# What did you feed your Oscar today?



## Dj823cichild (Mar 30, 2009)

Hey Guys I've had some fun with the threads in the Oscar section. So I figured I would keep it going and just get some feedback on what you fed your Oscars today. And their reactions on new foods you may try. I had a lil mishap the other day my Tiger O, he got so excited when I was going to feed him some Hikari Gold pellets he was swimming and darting around. I noticed later on that night he either ran into my filter or heater. He's a lil gashed up on the sides but I'm treating with Melafix and salt. Share your thoughts please.


----------



## FishOnLand (Jul 10, 2010)

Some blood worms this morning and Hikari BioGold (med) pellets this evening.


----------



## Dj823cichild (Mar 30, 2009)

:thumb: sweet


----------



## Chubbs the Jellybean (Jun 16, 2009)

Hikari cichlid gold


----------



## Dj823cichild (Mar 30, 2009)

:thumb:


----------



## Dj823cichild (Mar 30, 2009)

Don't forget the reaction guys. Are there foods that get your O's more excited then others?


----------



## Chubbs the Jellybean (Jun 16, 2009)

Haha, mine gets super excited over anything since he's still a baby (1.5") - but he seems especially fond of the Gold and frozen bloodworm cubes, but what fish isn't?  it's like fish crack :dancing: :dancing: :dancing:


----------



## Goontar (Jun 13, 2009)

Hikari cichlid gold, 2 large super worms, 2 large Freeze Dried Krill.

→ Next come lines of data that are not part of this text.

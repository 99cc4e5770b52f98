-- ===== src/Watch/Command/Watched.antt =====
-- What `main` of wan_watch.py writes and runs.
use aura_server.Base.{ℕ, ◌≡◌, ◌≢◌, Option, List, Error, Result, ok, err}
use aura_server.Json.{Value}
use aura_server.Script.{World, Machine}
use aura_server.Renew.State.{File}
use aura_server.Watch.Observe.{observe}
use aura_server.Watch.Enforce.{Marker, IsQuarantined}
use aura_server.Watch.Command.Run.{Sources}
use aura_server.Watch.Command.{router_text, expected_text, accept}

module _ (h : Machine) (from : Sources) (euid : ℕ) (config : Option File)
    (loads : List ℕ → Option Value) (w : World Marker) where
  -- The router and the address that the configuration names, as texts, and the address that the router shows.
  pub record IsObserved (expected observed : List ℕ) : Type 0 where
    pub router_value : Value
    pub expected_value : Value
    pub router : List ℕ
    pub accepted : accept euid config loads ≡ ok (router_value, expected_value)
    pub asked : router_text from.ip router_value ≡ ok router
    pub named : expected_text expected_value ≡ ok expected
    pub shown : (observe from.ip from.parse from.page from.router router).result ≡ ok observed

  pub data IsWatched (r : Result (Unit {0}) × World Marker) : Type 0 where
    failed : (e : Error) → r ≡ (err e, w) → IsWatched r
    matched : (address : List ℕ) → IsObserved address address → r ≡ (ok tt, w) → IsWatched r
    changed :
        (expected observed : List ℕ)
        → IsObserved expected observed
        → expected ≢ observed
        → IsQuarantined h w.commands r
        → IsWatched r
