-- ===== src/Watch/Tests.antt =====
-- Runs of wan_watch.py's functions, and the theorems at them.
use aura_server.Base.{
  Result, take, All, ℕ, ◌≡◌, refl, ◌++◌, String, true, false, Option, none, some, List, [], ◌∷◌,
  list_eq, nat_eq, codes, ok, ◌>>=◌, arith,
}
use aura_server.Firewall.{Ipv4}
use aura_server.Watch.Observe.{Page, observe, observe_lem}
use aura_server.Address.{IsPrivate, Address, Parser, public_ip}
use aura_server.Script.{World, Machine}
use aura_server.Json.{Value, str, object, end, field}
use aura_server.Prepare.Render.{number}
use aura_server.Renew.State.{File, regular}
use aura_server.Watch.Command.Run.{Sources}
use aura_server.Watch.Table.{Event, Rows, initial, start, stop, chars, feed, squeeze}
use aura_server.Watch.Table.Reads.{IsOpen, feed_total, table_events, cell_text}
use aura_server.Watch.Address.{label, value_of, check_version, observed_ipv4, observed_ipv4_lem}

abbrev events : List Event
events = start "tr" ∷ start "td" ∷ chars (codes "x") ∷ stop "td" ∷ stop "tr" ∷ stop "td" ∷ []

feed_total_example : (s : Rows) × (feed events initial ≡ ok s) × IsOpen s
feed_total_example = feed_total events initial (λ _. refl)

abbrev public_address : Address
public_address = record {
  version = 4;
  is_global = true;
  is_multicast = false;
  is_mapped = false;
  text = codes "198.51.100.7";
}

abbrev parser : Parser
parser value = some public_address

abbrev name_pieces : List (List ℕ)
name_pieces = label ∷ []

abbrev value_pieces : List (List ℕ)
value_pieces = codes " 198.51.100.7 " ∷ []

abbrev other_rows : List (List (List (List ℕ)))
other_rows = (name_pieces ∷ []) ∷ []

observed_ipv4_lem_example :
    observed_ipv4 parser
      (λ _. ok (table_events (other_rows ++ ((name_pieces ∷ value_pieces ∷ []) ∷ []))))
      []
    ≡ (public_ip parser (cell_text value_pieces) >>= check_version parser)
unfolding value_of squeeze
observed_ipv4_lem_example =
    observed_ipv4_lem parser
      (λ _. ok (table_events (other_rows ++ ((name_pieces ∷ value_pieces ∷ []) ∷ [])))) []
      other_rows [] name_pieces value_pieces (omega arith) refl (refl, tt) tt refl

abbrev machine : Machine
machine = record { refuses = λ _. false; succeeds = λ _ _. true }

abbrev world : World (Option String)
world = record { now = none; past = []; commands = [] }

abbrev ip : Ipv4
ip = record {
  address = λ _. some 0xc0a80102;
  network = λ _. none;
  show = λ _. [];
  show_network = λ _. [];
}

abbrev router : ℕ → Result Page
router _ = ok (record { status = 200; body = [] })

observe_lem_example :
    let o = observe ip parser (λ _. ok events) router [] in
    All IsPrivate o.asked
    × ((a : List ℕ)
        → o.result ≡ ok a
        → (address : ℕ) × (answer : Page) × (ip.address [] ≡ some address)
          × IsPrivate address
          × (router address ≡ ok answer)
          × (answer.status ≡ 200)
          × (observed_ipv4 parser (λ _. ok events) (take 131073 answer.body) ≡ ok a))
observe_lem_example = observe_lem ip parser (λ _. ok events) router []

abbrev from : Sources
from = record {
  ip = ip;
  parse = parser;
  page = λ _. ok (table_events ((name_pieces ∷ value_pieces ∷ []) ∷ []));
  router = router;
}

abbrev config : Option File
config = some (regular 0 0o600 [])

abbrev loads : List ℕ → Option Value
loads _ = some (
    object (
      field "version" (number 1)
        (field "routerIPv4" (str "192.168.1.2") (field "expectedIPv4" (str "198.51.100.8") end))))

Worms taken pretty quick, the krill where taken like he thought someone was going to steal them and the Hikari cichlid gold even though last, was still taken pretty quickly.


----------



## FishOnLand (Jul 10, 2010)

I'd say all food gets my O excited, but crickets.... it's like he can see me holding them from across the room and starts swimming back and forth rapidly from end to end in the tank. I have to quickly throw the cricket into the water and close the lid because I fear his in excitement that he may jump out (the fish). 

It's the only food that he actually attacks and then darts down to the bottom of the tank to finish "chewing". With pellets, he just comes up to the surface and eats like a carp... not in a hurry or a care in the world.


----------



## Goontar (Jun 13, 2009)

Dude Same here!!


----------



## FbodyFan (Jun 20, 2010)

I fed them some pellets last night I have 3 dif kinda and cant recall the name off the top of my head. They like them bust mostly because the one will jump out of the water and bite them out of my hand. :thumb:

Hands down their favorite food are frozen brine shrimp cubes. :fish:


----------



## Dj823cichild (Mar 30, 2009)

Cool guys thanks for sharing your experience's keep them coming. I gave my O the Green Hikari Pellets. Yesterday he ate like a king so I'm slowing things down a little bit today and feeding him less. He's almost healed from running into the filter or decorations. Melafix and salt work wonders guys!!! :thumb: :thumb:


----------



## Chubbs the Jellybean (Jun 16, 2009)

mine jumped 2 inches clear of the water for a freeze dried baby shrimp this morning, but he's only 1.5" long lol, he's gonna be a feisty little guy when he gets bigger


----------



## truckpoetry (Sep 28, 2004)

mine would always jump, even when he was 9" long. I had to stop holding the food open after about the 40th scare/spill on the floor.


----------



## Dj823cichild (Mar 30, 2009)

Did he ever get out?


----------



## LSBoost (Jan 21, 2010)

My oscar scared me once because I left my finger on the lid and talk to someone while holding the can of food in the other hand. It bit my finger and the food went flying all over. Good thing it wasn't flake food. HAHA


----------



## Dj823cichild (Mar 30, 2009)

Aww man Boost! That's funny but sad at the same time. How is your new Oscar doing Bro?


----------



## LSBoost (Jan 21, 2010)

He's getting closer to 6 inches (including the tail). Seems normal to me.


----------



## Dj823cichild (Mar 30, 2009)

:thumb: Sweet Congrats bro


----------



## bulldog420 (Sep 18, 2010)

Hikari Cichlid Gold Floating Pellets, best fish food I've ever used. My Albino Tiger Oscar Bruce 7-8 inchs now. I have bought Hikari Gold Small Floating pellets when I first purchased him 1.5inchs, now hes eating the large pellets! He loves them!


----------



## Dj823cichild (Mar 30, 2009)

Very cool I use the same. And mix up a variety for him


----------